— RAW DATA —
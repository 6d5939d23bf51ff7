-- ===== src/Ranking.antt =====
-- server/src/analytics/ranking.js: competition ranks from the score alone, and a unique order after
-- the tie-break chain with the entry id as the last key.
pub mod Laws
pub mod Order
use fpl_radar.Prelude.{
  ℕ, suc, ◌+◌, ◌≡◌, Bool, true, false, Option, none, some, List, [], ◌∷◌, ◌++◌, if◌then◌else◌,
  length, keep, leb, ◌==◌,
}
use fpl_radar.Prelude.Int.{ℤ, ltb_ℤ, leb_ℤ}
use fpl_radar.Prelude.Sort.{sort_by}
use fpl_radar.Prelude.Buckets.{Buckets, buckets, bucket, bucket_keys}
use fpl_radar.TieBreak.{TieBreakRow, Key, Rule, by, shared, has_data, rule_number}

-- `1 + scores.filter((o) => o.score > s.score).length`
unfoldable pub rank_of : List TieBreakRow → ℤ → ℕ
rank_of scores s = 1 + length (keep (λ o. ltb_ℤ s o.score) scores)

-- `competitionRanks(scores)`: the entries of the `Map` from entry id to rank.
unfoldable pub ranks_from : List TieBreakRow → List TieBreakRow → List (ℕ × ℕ)
ranks_from scores [] = []
ranks_from scores (s ∷ ss) = (s.entry_id, rank_of scores s.score) ∷ ranks_from scores ss

unfoldable pub competition_ranks : List TieBreakRow → List (ℕ × ℕ)
unfolding ranks_from
competition_ranks scores = ranks_from scores scores

-- What separated a row from the one before it.
pub data DecidedBy : Type 0 where
  rule : Key → DecidedBy
  entry_id_fallback : DecidedBy

pub record Placed : Type 0 where
  pub row : TieBreakRow
  pub decided_by : Option DecidedBy

-- `[...group].sort((a, b) => a.entryId - b.entryId)`
abbrev pub by_entry_id : TieBreakRow → TieBreakRow → Bool
by_entry_id a b = leb a.entry_id b.entry_id

abbrev pub by_number_desc : ℤ → ℤ → Bool
by_number_desc a b = leb_ℤ b a

fallback_rest : List TieBreakRow → List Placed
fallback_rest [] = []
fallback_rest (r ∷ rs) = record { row = r; decided_by = some entry_id_fallback } ∷ fallback_rest rs

-- `.map((row, k) => (k === 0 ? { row } : { row, decidedBy: 'ENTRY_ID_FALLBACK' }))`
pub fallback : List TieBreakRow → List Placed
unfolding fallback_rest
fallback [] = []
fallback (r ∷ rs) = record { row = r; decided_by = none } ∷ fallback_rest rs

-- `sub[0] = { ...sub[0], decidedBy }`
mark_first : Option DecidedBy → List Placed → List Placed
mark_first d [] = []
mark_first d (p ∷ ps) = record { row = p.row; decided_by = d } ∷ ps

-- The loop over the sorted keys of a `Map`: `out` is what was placed before, and the first row of
-- every bucket but the first is marked.
join_buckets : (ℤ → List Placed) → DecidedBy → List Placed → List ℤ → List Placed
unfolding mark_first
join_buckets sub d out [] = out
join_buckets sub d [] (v ∷ vs) = join_buckets sub d (sub v) vs
join_buckets sub d (p ∷ ps) (v ∷ vs) =
    join_buckets sub d ((p ∷ ps) ++ mark_first (some d) (sub v)) vs

-- `resolveGroup(group, rules, i)`, with the rules from `i` on.
unfoldable pub resolve_group : List Key → List TieBreakRow → List Placed
unfolding fallback join_buckets sort_by buckets bucket bucket_keys
resolve_group [] group =
    if length group == 1 then fallback group else fallback (sort_by by_entry_id group)
resolve_group (k ∷ ks) group =
    let skip = resolve_group ks group in
    let m = buckets (rule_number k) group in
    let split =
      join_buckets (λ v. resolve_group ks (bucket v m)) (rule k) []
        (sort_by by_number_desc (bucket_keys m)) in
    if length group == 1 then fallback group else if has_data k group then split else skip

-- `rules.filter((r) => r !== SHARED)`
abbrev pub keys_of : List Rule → List Key
keys_of [] = []
keys_of (by k ∷ rs) = k ∷ keys_of rs
keys_of (shared ∷ rs) = keys_of rs

-- The loop over the scores: `group[0]` is marked with `null` each time.
join_scores : (ℤ → List Placed) → List Placed → List ℤ → List Placed
unfolding mark_first
join_scores sub out [] = out
join_scores sub out (v ∷ vs) = join_scores sub (out ++ mark_first none (sub v)) vs

unfoldable pub ordered_rows : List TieBreakRow → List Rule → List Placed
unfolding resolve_group join_scores
ordered_rows rows rules =
    let m = buckets (λ r. r.score) rows in
    join_scores (λ v. resolve_group (keys_of rules) (bucket v m)) []
      (sort_by by_number_desc (bucket_keys m))

pub record Position : Type 0 where
  pub entry_id : ℕ
  pub resolved_position : ℕ
  pub position_decided_by : Option DecidedBy

number_from : ℕ → List Placed → List Position
number_from i [] = []
number_from i (p ∷ ps) =
    record {
      entry_id = p.row.entry_id;
      resolved_position = suc i;
      position_decided_by = p.decided_by;
    }
    ∷ number_from (suc i) ps

unfoldable pub resolve_positions : List TieBreakRow → List Rule → List Position
unfolding number_from ordered_rows
resolve_positions rows rules = number_from 0 (ordered_rows rows rules)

— WORK REQUEST —
With the line that contains "pub record Position : Type 0 where" as the start, output every line through the end of the entries exactly. Add no other lines.

— TASK RESPONSE —
pub record Position : Type 0 where
  pub entry_id : ℕ
  pub resolved_position : ℕ
  pub position_decided_by : Option DecidedBy

number_from : ℕ → List Placed → List Position
number_from i [] = []
number_from i (p ∷ ps) =
    record {
      entry_id = p.row.entry_id;
      resolved_position = suc i;
      position_decided_by = p.decided_by;
    }
    ∷ number_from (suc i) ps

unfoldable pub resolve_positions : List TieBreakRow → List Rule → List Position
unfolding number_from ordered_rows
resolve_positions rows rules = number_from 0 (ordered_rows rows rules)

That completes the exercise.